Help Support Muzzleloading Forum:

This site may earn a commission from merchant affiliate links, including eBay, Amazon, and others.
I was wondering if anyone else is left eye, right hand dominant. Should I start shooting lefty? The vision in my left eye is considerably better than my right.
I'm strongly left eye dominant and right handed. Always have been. My left eye is perfect. Right one is not very good at all.

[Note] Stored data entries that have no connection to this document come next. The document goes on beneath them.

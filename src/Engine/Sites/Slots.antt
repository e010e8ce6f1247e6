-- ===== src/Engine/Sites/Slots.antt =====
-- How many scrapes native/engine/site_scraper.cpp runs at a time.
use rats_search_tui.Base.{
  ℕ, suc, ◌-◌, ◌≤◌, ◌<◌, ◌≡◌, refl, ◌∙◌, ap, ◌⊎◌, Bool, true, false, List, [], ◌∷◌, Option, none,
  some, Text, length, pick, null, put_key, find_key, erase_key, is_some, length-put_key,
  length-erase_key, arith, if_intro, ltb_ℤ, pos,
}
use rats_search_tui.Domain.Json.{JsonOps}
use rats_search_tui.Engine.Sites.Html.{Pcre2}
use rats_search_tui.Engine.Sites.Pages.{TrackerSiteInfo}
use rats_search_tui.Engine.Sites.Report.{folded}
use rats_search_tui.Engine.Sites.Steps.{end_fetch-keeps}
use rats_search_tui.Engine.Sites.{
  Fetch, PendingRequest, PendingScrape, Sites, start_scrape, new_scrape, admit, scrape, drain,
  process_queue, stop, finish_scrape, complete_with, check_all_complete, count_down, report_to,
  on_strategy_complete, Event, scrapes, ends, stops, handle, run,
}

-- Each scrape that is under way has a slot, at most three slots are in use, nothing waits while one
-- is free, and nothing waits in a scraper that stops.
pub record HasSlots {J : Type 0} (s : Sites J) : Type 0 where
  pub covered : length s.pending_scrapes ≤ s.active_requests
  pub capped : s.active_requests ≤ 3
  pub used : (null s.pending_queue ≡ true) ⊎ (s.active_requests ≡ 3)
  pub quiet : s.stopping ≡ true → null s.pending_queue ≡ true

module _ {J : Type 0} where
  -- What a scrape that starts changes of a scraper, in the terms of the invariant.
  pub record IsStarted (s s' : Sites J) : Type 0 where
    pub at_most_one_more : length s'.pending_scrapes ≤ suc (length s.pending_scrapes)
    pub same_queue : s'.pending_queue ≡ s.pending_queue
    pub same_active : s'.active_requests ≡ s.active_requests
    pub same_stopping : s'.stopping ≡ s.stopping

  pub start_scrape-IsStarted :
      (hash name : Text) (s : Sites J) → IsStarted s (start_scrape hash name s)
  unfolding start_scrape
  start_scrape-IsStarted hash name s = record {
    at_most_one_more = ground (arith, length-put_key hash (new_scrape hash name) s.pending_scrapes);
    same_queue = refl;
    same_active = refl;
    same_stopping = refl;
  }

  admit-HasSlots :
      (now : ℕ) (hash name : Text) (s : Sites J)
      → s.stopping ≡ false
      → HasSlots s
      → HasSlots (admit now hash name s)
  unfolding admit
  admit-HasSlots now hash name s e v =
      let noted : Sites J = record s {
        recent_checks = put_key hash now s.recent_checks;
        active_requests = suc s.active_requests;
      } in
      ground (arith, start_scrape-IsStarted hash name noted, v, e)

  scrape-HasSlots :
      (now : ℕ) (hash name : Text) (s : Sites J) → HasSlots s → HasSlots (scrape now hash name s)
  unfolding scrape
  scrape-HasSlots now hash name s v =
      let admitted = λ (e : s.stopping ≡ false). admit-HasSlots now hash name s e v in
      ground (arith, admitted, v)

  drain-HasSlots :
      (queue : List PendingRequest) (s : Sites J)
      → s.stopping ≡ false
      → length s.pending_scrapes ≤ s.active_requests
      → s.active_requests ≤ 3
      → HasSlots (drain queue s)
  unfolding drain
  drain-HasSlots [] s e c le = ground arith
  drain-HasSlots (r ∷ queue) s e c le =
      let taken : Sites J = record s { active_requests = suc s.active_requests } in
      let begun = start_scrape-IsStarted r.info_hash r.name taken in
      let rest = λ (lt : s.active_requests < 3).
        drain-HasSlots queue (start_scrape r.info_hash r.name taken) (begun.same_stopping ∙ e)
          (omega (arith, begun.at_most_one_more, begun.same_active))
          (omega (arith, begun.same_active)) in
      ground (arith, rest, e)

  process_queue-HasSlots :
      (s : Sites J)
      → length s.pending_scrapes ≤ s.active_requests
      → s.active_requests ≤ 3
      → (s.stopping ≡ true → null s.pending_queue ≡ true)
      → HasSlots (process_queue s)
  unfolding process_queue
  process_queue-HasSlots s c le q = ground (arith, drain-HasSlots s.pending_queue s)

  finish_scrape-HasSlots :
      (hash : Text) (r : Bool × J) (s : Sites J)
      → is_some (find_key hash s.pending_scrapes) ≡ true
      → HasSlots s
      → HasSlots (finish_scrape hash r s)
  unfolding finish_scrape
  finish_scrape-HasSlots hash (b, info) s e v =
      let freed : Sites J = record s {
        pending_scrapes = erase_key hash s.pending_scrapes;
        active_requests = s.active_requests - 1;
      } in
      ground (arith, process_queue-HasSlots freed, length-erase_key hash s.pending_scrapes e, v)

module _ (json : JsonOps) where
  open json use {Json}

  complete_with-HasSlots :
      (hash : Text) (o : Option PendingScrape) (s : Sites Json)
      → find_key hash s.pending_scrapes ≡ o
      → HasSlots s
      → HasSlots (complete_with json hash o s)
  unfolding complete_with
  complete_with-HasSlots hash none s e v = v
  complete_with-HasSlots hash (some p) s e v =
      if_intro HasSlots (ltb_ℤ (pos 0) p.pending_count) v
        (finish_scrape-HasSlots hash (folded json p.results) s (ap is_some e) v)

  report_to-HasSlots :
      (hash : Text) (info : TrackerSiteInfo) (o : Option PendingScrape) (s : Sites Json)
      → find_key hash s.pending_scrapes ≡ o
      → HasSlots s
      → HasSlots (report_to json hash info o s)
  unfolding report_to check_all_complete
  report_to-HasSlots hash info none s e v = v
  report_to-HasSlots hash info (some p) s e v =
      let s' : Sites Json = record s {
        pending_scrapes = put_key hash (count_down info p) s.pending_scrapes;
      } in
      complete_with-HasSlots hash (find_key hash s'.pending_scrapes) s' refl
        (ground (arith, length-put_key hash (count_down info p) s.pending_scrapes, ap is_some e, v))

  complete-HasSlots :
      (hash : Text) (info : TrackerSiteInfo) (s : Sites Json)
      → HasSlots s
      → HasSlots (on_strategy_complete json hash info s)
  unfolding on_strategy_complete
  complete-HasSlots hash info s v =
      report_to-HasSlots hash info (find_key hash s.pending_scrapes) s refl v

module _ (json : JsonOps) (pcre2 : Pcre2) where
  open json use {Json}

  refetched-HasSlots :
      (fs : List Fetch) (s : Sites Json) → HasSlots s → HasSlots (record s { fetches = fs })
  refetched-HasSlots fs s v = record {
    covered = v.covered;
    capped = v.capped;
    used = v.used;
    quiet = v.quiet;
  }

  handle-HasSlots : (s : Sites Json) (e : Event) → HasSlots s → HasSlots (handle json pcre2 s e)
  unfolding handle stop
  handle-HasSlots s (scrapes now hash name) v = scrape-HasSlots now hash name s v
  handle-HasSlots s (ends i res) v =
      end_fetch-keeps json pcre2 HasSlots (complete-HasSlots json) refetched-HasSlots res
        (pick i s.fetches) s v
  handle-HasSlots s stops v = ground arith

  -- Whatever is scraped, fetched and stopped in whatever order, a scraper that satisfies `HasSlots`,
  -- as a new one does, goes on to: the scrapes under way are at most the slots in use, these are at
  -- most three, a request waits only while three are in use, and none waits in a scraper that stops.
  pub run-WithinSlots :
      (s : Sites Json) (es : List Event) → HasSlots s → HasSlots (run json pcre2 s es)
  unfolding run
  run-WithinSlots s [] v = v
  run-WithinSlots s (e ∷ es) v = run-WithinSlots (handle json pcre2 s e) es (handle-HasSlots s e v)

I considered switching to left hand shooting earlier, but it wasn't worth the trouble. I got glasses and shoot right eye instead. I use my left eye shooting handguns usually if I'm using sights.
 
I'm right handed, left eye dominant. I realized this in my teens and started shooting lefty. No real problem. I can shoot a pistol in either hand using my left eye but am more comfortable shooting lefty. I will do exercises for my left hand and trigger finger. My idea on dealing with hard trigger pulls is simply have a stronger trigger finger rather than replacing triggers.
 
I wish someone would have brought this to my attention many years ago. I've been using the wrong hand to hold my slingshot for over 65 years.
 
I was wondering if anyone else is left eye, right hand dominant. Should I start shooting lefty? The vision in my left eye is considerably better than my I'm

I was wondering if anyone else is left eye, right hand dominant. Should I start shooting lefty? The vision in my left eye is considerably better than my right.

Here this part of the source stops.